PROVIDED RECORDS START

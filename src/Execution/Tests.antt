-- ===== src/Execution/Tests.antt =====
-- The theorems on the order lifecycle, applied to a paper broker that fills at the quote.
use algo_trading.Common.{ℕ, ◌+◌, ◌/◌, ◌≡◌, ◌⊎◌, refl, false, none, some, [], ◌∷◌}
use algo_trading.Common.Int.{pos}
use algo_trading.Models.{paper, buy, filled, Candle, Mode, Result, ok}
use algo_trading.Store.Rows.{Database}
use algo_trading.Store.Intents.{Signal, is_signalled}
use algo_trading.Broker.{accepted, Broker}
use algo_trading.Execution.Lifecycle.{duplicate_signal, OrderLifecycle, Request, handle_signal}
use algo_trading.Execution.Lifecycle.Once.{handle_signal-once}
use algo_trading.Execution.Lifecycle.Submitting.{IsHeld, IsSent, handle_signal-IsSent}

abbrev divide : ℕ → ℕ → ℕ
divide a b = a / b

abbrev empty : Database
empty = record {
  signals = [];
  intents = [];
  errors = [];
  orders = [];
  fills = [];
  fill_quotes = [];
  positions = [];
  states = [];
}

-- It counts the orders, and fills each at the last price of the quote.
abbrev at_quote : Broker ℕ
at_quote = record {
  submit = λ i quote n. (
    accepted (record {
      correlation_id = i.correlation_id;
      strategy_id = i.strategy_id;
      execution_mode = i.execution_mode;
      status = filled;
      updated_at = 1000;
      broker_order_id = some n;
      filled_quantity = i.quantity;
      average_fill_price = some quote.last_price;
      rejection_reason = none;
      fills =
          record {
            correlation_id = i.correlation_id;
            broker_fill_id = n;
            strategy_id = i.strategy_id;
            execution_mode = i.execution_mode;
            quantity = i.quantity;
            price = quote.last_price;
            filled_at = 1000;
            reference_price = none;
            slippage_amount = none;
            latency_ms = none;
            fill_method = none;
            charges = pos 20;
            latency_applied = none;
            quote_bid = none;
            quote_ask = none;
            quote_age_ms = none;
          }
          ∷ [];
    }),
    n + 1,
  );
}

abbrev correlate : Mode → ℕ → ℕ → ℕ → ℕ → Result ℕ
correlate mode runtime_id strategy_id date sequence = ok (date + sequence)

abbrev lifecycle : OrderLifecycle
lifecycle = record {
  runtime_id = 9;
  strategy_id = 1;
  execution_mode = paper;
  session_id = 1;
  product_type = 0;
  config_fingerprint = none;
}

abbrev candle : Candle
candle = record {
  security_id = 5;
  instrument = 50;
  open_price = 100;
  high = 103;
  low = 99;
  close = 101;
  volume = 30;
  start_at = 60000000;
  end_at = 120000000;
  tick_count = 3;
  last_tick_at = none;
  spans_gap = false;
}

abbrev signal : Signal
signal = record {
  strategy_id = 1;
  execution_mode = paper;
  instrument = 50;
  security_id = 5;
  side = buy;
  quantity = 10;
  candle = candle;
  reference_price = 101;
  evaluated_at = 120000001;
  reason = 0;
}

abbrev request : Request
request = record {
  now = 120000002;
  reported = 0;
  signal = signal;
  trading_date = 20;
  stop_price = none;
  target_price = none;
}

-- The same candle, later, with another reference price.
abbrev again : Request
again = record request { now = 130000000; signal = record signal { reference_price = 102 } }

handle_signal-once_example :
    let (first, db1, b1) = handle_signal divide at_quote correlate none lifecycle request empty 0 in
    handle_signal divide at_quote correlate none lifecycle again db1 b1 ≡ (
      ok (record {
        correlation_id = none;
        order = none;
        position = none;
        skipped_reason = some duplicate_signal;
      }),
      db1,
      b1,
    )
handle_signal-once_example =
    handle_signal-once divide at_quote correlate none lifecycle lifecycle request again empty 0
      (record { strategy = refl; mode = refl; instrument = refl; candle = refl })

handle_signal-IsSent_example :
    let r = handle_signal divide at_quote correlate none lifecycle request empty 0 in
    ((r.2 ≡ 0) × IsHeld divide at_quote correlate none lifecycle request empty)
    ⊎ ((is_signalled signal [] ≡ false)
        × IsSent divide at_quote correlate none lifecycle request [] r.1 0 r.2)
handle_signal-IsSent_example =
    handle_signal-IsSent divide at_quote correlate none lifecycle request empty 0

PROVIDED RECORDS END
PROVIDED RECORDS START

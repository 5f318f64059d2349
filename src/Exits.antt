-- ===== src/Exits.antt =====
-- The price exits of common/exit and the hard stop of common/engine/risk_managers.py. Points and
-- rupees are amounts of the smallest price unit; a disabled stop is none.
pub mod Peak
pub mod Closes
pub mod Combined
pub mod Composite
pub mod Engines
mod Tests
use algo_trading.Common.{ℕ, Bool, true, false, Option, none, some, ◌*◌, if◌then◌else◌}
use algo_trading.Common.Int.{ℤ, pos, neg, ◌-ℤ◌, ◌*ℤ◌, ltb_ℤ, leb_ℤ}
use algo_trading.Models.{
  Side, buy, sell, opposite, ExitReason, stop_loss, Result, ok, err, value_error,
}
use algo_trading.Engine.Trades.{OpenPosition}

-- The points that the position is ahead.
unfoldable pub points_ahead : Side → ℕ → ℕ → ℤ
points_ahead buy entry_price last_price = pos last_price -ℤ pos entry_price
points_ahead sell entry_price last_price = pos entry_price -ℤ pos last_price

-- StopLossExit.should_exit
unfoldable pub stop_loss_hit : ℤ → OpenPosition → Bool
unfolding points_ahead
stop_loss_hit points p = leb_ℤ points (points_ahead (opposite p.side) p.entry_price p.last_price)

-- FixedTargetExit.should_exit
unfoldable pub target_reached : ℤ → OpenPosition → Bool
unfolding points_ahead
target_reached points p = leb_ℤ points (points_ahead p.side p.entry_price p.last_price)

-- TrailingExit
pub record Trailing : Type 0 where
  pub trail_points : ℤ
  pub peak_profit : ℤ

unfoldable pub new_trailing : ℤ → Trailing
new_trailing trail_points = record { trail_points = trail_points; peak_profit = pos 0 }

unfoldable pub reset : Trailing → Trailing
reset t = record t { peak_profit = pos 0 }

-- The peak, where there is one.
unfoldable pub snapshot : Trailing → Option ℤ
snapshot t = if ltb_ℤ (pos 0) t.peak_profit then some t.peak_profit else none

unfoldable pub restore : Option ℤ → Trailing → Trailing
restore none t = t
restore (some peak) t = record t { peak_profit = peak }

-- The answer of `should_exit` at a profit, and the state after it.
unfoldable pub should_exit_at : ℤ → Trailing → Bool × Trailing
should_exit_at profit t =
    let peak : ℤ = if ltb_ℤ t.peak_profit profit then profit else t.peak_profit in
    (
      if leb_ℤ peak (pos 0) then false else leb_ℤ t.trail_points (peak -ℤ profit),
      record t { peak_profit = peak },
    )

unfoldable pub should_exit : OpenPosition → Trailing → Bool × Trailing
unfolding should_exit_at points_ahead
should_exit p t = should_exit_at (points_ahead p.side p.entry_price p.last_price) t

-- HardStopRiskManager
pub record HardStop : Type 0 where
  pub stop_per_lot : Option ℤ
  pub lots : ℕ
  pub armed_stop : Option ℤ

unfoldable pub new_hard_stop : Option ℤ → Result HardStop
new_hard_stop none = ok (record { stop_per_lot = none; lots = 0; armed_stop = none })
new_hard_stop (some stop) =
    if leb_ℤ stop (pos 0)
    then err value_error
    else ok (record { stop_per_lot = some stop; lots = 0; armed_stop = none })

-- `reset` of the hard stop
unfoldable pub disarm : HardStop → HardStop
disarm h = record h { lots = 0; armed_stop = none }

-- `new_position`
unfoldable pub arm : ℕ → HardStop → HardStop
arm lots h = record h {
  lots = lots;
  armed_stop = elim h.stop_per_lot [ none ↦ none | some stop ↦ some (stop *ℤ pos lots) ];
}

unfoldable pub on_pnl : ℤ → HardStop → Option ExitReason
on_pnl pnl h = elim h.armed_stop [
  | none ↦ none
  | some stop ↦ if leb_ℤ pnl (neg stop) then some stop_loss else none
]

PROVIDED RECORDS END
PROVIDED RECORDS START

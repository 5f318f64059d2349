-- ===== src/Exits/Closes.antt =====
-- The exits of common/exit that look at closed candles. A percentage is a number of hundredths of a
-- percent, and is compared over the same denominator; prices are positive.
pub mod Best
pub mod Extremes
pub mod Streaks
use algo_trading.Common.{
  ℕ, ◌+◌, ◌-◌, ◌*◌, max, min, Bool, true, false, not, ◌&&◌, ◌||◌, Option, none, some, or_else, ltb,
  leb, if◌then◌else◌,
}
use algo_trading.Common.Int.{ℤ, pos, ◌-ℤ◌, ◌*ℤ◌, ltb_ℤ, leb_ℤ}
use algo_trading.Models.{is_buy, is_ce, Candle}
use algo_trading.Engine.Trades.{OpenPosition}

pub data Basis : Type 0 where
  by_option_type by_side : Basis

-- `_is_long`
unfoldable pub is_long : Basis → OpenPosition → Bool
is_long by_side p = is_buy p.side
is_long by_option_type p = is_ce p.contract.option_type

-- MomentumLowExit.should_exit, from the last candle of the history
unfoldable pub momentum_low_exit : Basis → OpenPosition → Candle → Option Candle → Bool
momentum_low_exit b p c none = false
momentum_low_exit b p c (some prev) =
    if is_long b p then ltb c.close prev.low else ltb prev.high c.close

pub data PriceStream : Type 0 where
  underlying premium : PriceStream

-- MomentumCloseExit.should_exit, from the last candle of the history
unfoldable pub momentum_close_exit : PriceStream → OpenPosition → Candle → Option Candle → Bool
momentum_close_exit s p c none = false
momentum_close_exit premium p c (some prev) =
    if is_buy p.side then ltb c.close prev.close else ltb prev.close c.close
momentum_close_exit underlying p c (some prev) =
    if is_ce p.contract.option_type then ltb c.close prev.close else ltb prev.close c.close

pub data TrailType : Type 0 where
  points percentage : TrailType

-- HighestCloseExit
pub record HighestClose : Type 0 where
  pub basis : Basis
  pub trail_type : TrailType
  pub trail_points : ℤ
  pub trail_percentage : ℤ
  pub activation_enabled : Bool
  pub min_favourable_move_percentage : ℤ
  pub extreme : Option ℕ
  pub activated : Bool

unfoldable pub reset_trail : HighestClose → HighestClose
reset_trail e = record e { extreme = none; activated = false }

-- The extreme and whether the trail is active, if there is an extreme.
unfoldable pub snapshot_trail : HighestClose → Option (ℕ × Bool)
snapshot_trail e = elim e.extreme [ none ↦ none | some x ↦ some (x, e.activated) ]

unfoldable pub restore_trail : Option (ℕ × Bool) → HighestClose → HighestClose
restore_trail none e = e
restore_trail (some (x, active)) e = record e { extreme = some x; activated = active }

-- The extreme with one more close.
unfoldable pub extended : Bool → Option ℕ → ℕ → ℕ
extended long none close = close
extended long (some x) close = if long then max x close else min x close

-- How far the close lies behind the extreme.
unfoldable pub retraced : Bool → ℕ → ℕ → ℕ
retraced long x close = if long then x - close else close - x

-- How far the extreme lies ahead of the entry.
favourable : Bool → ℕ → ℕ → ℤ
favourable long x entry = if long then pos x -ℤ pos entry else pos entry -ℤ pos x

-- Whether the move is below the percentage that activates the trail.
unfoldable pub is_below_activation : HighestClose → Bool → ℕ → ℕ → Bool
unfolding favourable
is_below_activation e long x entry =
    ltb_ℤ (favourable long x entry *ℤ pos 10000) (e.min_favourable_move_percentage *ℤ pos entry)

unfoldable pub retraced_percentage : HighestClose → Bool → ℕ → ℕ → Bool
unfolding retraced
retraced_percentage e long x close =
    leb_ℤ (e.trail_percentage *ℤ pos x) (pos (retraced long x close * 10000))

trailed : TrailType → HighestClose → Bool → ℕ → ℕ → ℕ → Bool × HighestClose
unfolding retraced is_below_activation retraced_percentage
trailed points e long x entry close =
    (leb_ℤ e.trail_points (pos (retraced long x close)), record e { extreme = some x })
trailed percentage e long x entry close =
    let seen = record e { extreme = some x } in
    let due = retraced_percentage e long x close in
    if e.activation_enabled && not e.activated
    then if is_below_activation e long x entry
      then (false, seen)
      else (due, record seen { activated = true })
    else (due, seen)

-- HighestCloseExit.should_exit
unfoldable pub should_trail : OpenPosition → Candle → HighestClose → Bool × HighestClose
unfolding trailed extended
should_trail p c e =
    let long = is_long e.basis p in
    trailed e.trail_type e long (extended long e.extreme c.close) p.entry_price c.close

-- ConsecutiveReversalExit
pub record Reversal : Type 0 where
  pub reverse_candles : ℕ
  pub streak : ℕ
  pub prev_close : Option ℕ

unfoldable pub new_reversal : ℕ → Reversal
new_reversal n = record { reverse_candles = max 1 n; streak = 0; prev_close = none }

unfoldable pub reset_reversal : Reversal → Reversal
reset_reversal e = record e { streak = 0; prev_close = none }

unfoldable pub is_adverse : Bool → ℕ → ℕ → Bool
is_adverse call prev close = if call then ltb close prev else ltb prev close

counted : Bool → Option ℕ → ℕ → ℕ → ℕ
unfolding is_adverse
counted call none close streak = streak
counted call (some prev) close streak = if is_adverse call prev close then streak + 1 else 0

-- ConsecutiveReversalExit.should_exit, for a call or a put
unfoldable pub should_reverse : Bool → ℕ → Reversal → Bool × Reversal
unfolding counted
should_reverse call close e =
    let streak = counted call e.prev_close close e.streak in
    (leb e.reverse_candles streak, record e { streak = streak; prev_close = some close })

PROVIDED RECORDS END

TASK REQUIREMENTS:
List the lines of the entries that include "active".

TASK ANSWER:
-- The extreme and whether the trail is active, if there is an extreme.
restore_trail (some (x, active)) e = record e { extreme = some x; activated = active }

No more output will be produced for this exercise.